DESCRIPTION OF THE TASK:
Given the records below, pull every line with the word "ChecksumCalculator" into the answer.

[Stored items from a collection]

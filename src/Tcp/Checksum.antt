-- ===== src/Tcp/Checksum.antt =====
-- internal/tcp/checksum.go: `ChecksumCalculator`, the checksum of the segments between two addresses.
-- The slice that `SetAndCompute` changes in place is its result.
pub mod SetAndCompute
mod Runs
use gonet.Prelude.{
  ℕ, Bool, List, [], ◌∷◌, ltb, ◌==◌, if◌then◌else◌, length, Result, ok, ◌>>=◌, be16, put_bytes,
}
use gonet.Tcp.Header.{min_header_len}
use gonet.Ip.Checksum.{tcp_checksum}

pub record ChecksumCalculator : Type 0 where
  pub src : List ℕ
  pub dst : List ℕ

unfoldable pub new_checksum_calculator : List ℕ → List ℕ → ChecksumCalculator
new_checksum_calculator src dst = record { src = src; dst = dst }

unfoldable pub compute : ChecksumCalculator → List ℕ → ℕ
compute c tcp_segment = tcp_checksum c.src c.dst tcp_segment

unfoldable pub verify : ChecksumCalculator → List ℕ → Bool
verify c tcp_segment = tcp_checksum c.src c.dst tcp_segment == 0

unfoldable pub set_and_compute : {E : Type 0} → ChecksumCalculator → List ℕ → Result E (List ℕ)
set_and_compute c tcp_segment =
    if ltb (length tcp_segment) min_header_len then ok tcp_segment else do
      high ← put_bytes 16 (0 ∷ []) tcp_segment
      blank ← put_bytes 17 (0 ∷ []) high
      put_bytes 16 (be16 (compute c blank)) blank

SOLUTION FOR THIS PROBLEM:
-- internal/tcp/checksum.go: `ChecksumCalculator`, the checksum of the segments between two addresses.
pub record ChecksumCalculator : Type 0 where
unfoldable pub new_checksum_calculator : List ℕ → List ℕ → ChecksumCalculator
unfoldable pub compute : ChecksumCalculator → List ℕ → ℕ
unfoldable pub verify : ChecksumCalculator → List ℕ → Bool
unfoldable pub set_and_compute : {E : Type 0} → ChecksumCalculator → List ℕ → Result E (List ℕ)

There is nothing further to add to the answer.